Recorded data
BEGIN
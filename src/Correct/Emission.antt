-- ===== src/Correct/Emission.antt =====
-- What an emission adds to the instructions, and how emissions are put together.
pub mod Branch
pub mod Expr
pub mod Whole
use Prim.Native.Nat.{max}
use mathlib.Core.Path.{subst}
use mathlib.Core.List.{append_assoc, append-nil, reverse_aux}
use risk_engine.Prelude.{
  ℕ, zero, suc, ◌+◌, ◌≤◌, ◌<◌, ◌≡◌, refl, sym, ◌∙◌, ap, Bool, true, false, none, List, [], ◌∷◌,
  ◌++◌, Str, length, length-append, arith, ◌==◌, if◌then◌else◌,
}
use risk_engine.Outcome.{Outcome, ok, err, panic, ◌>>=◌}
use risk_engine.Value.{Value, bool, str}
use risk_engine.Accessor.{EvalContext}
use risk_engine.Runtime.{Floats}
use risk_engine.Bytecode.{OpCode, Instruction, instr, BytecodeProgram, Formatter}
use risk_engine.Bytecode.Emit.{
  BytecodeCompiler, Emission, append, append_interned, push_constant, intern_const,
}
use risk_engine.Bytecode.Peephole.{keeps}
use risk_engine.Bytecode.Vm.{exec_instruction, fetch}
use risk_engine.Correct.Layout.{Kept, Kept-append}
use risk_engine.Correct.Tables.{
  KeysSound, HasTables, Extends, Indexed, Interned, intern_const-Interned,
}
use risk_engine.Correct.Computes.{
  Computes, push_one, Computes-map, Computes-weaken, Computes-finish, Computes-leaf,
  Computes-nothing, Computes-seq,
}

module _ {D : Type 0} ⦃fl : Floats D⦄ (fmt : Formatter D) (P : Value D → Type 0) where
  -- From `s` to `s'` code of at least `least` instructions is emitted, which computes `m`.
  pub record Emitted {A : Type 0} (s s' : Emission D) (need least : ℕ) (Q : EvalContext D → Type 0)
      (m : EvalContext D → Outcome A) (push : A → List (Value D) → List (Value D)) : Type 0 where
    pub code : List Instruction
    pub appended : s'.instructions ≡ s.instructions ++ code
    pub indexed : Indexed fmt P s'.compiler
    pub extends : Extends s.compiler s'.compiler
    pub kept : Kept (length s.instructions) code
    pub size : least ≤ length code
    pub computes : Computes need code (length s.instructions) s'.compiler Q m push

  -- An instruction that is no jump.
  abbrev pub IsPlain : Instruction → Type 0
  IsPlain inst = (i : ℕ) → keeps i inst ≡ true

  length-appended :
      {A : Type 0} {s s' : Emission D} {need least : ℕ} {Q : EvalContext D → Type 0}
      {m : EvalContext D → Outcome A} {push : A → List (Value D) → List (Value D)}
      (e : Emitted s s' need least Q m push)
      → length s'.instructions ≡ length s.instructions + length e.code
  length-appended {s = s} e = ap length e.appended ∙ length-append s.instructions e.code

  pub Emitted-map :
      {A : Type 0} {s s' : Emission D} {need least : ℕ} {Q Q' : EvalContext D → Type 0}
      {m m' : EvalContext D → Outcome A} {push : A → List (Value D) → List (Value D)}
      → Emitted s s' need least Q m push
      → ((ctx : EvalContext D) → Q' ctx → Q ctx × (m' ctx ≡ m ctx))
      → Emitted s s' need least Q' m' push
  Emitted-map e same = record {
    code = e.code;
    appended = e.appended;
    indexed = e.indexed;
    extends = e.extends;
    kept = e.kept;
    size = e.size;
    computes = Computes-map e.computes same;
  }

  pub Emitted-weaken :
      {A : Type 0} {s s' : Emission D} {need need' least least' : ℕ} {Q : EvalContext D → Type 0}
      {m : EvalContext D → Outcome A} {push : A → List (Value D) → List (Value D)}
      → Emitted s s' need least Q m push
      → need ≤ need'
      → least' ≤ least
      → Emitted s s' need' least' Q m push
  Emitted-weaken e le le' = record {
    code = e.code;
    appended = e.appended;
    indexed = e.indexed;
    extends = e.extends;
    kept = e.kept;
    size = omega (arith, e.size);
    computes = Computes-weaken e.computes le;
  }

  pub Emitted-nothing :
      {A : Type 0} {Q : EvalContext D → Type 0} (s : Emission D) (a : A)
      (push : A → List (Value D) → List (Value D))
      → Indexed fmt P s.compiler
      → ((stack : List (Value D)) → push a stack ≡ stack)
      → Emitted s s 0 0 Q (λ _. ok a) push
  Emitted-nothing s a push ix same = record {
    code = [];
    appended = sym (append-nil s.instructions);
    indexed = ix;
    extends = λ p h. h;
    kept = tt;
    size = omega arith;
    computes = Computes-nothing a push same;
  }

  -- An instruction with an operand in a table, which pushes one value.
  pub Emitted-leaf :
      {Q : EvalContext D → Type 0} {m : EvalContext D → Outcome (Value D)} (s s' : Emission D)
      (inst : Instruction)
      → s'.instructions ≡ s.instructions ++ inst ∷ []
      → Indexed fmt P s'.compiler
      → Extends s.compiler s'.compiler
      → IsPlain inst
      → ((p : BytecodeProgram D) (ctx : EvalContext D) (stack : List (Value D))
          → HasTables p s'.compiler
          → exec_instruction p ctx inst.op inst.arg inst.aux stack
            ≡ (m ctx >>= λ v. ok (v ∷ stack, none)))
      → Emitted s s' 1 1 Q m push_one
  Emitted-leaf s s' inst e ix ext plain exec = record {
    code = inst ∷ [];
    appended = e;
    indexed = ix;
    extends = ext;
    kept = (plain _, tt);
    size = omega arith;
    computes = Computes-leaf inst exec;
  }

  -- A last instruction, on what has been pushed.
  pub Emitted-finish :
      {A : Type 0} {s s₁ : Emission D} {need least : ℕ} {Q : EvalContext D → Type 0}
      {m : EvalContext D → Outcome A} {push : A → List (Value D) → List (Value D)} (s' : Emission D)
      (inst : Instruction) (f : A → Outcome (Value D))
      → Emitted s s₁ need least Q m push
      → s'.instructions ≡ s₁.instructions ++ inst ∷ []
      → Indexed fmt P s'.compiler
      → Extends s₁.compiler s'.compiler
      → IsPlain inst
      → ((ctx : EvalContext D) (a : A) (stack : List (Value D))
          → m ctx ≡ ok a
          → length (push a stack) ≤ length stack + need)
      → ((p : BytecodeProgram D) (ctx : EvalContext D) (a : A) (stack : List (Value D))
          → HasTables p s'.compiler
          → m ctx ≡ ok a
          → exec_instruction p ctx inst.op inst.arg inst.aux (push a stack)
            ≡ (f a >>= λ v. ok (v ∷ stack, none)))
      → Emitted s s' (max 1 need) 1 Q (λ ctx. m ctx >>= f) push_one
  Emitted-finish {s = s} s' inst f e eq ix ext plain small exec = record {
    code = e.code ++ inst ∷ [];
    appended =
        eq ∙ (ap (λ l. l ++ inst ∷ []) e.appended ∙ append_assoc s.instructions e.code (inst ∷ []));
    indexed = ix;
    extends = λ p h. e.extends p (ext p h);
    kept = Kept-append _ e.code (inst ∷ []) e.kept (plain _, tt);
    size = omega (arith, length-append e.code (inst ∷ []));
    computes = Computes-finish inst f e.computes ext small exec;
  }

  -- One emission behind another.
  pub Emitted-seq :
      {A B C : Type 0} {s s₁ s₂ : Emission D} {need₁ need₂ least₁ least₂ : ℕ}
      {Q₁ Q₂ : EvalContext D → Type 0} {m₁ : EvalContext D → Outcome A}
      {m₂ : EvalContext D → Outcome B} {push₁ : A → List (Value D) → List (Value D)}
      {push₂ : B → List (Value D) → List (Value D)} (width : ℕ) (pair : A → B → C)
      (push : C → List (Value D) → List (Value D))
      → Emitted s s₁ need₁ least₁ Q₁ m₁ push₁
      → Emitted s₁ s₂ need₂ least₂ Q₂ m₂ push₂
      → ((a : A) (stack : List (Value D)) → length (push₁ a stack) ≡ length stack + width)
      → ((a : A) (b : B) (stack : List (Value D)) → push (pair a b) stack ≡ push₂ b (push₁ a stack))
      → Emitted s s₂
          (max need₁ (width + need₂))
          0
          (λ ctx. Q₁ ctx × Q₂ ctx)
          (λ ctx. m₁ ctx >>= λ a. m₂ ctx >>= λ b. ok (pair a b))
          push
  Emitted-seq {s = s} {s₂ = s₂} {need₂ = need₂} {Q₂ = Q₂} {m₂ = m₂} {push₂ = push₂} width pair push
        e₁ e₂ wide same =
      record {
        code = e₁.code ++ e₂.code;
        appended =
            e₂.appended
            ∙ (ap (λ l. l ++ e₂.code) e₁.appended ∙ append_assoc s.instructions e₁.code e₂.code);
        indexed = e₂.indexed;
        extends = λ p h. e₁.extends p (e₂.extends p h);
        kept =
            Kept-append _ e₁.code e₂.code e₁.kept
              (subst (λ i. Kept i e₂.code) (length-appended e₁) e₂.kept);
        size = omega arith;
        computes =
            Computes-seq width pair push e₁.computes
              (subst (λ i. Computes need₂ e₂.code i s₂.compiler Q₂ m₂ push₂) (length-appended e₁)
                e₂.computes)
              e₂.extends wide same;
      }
END
• Task requirements
Report every line of the data above that contains the string "antt" by copying it in full.

• Result
filename src/Correct/Emission.antt
-- ===== src/Correct/Emission.antt =====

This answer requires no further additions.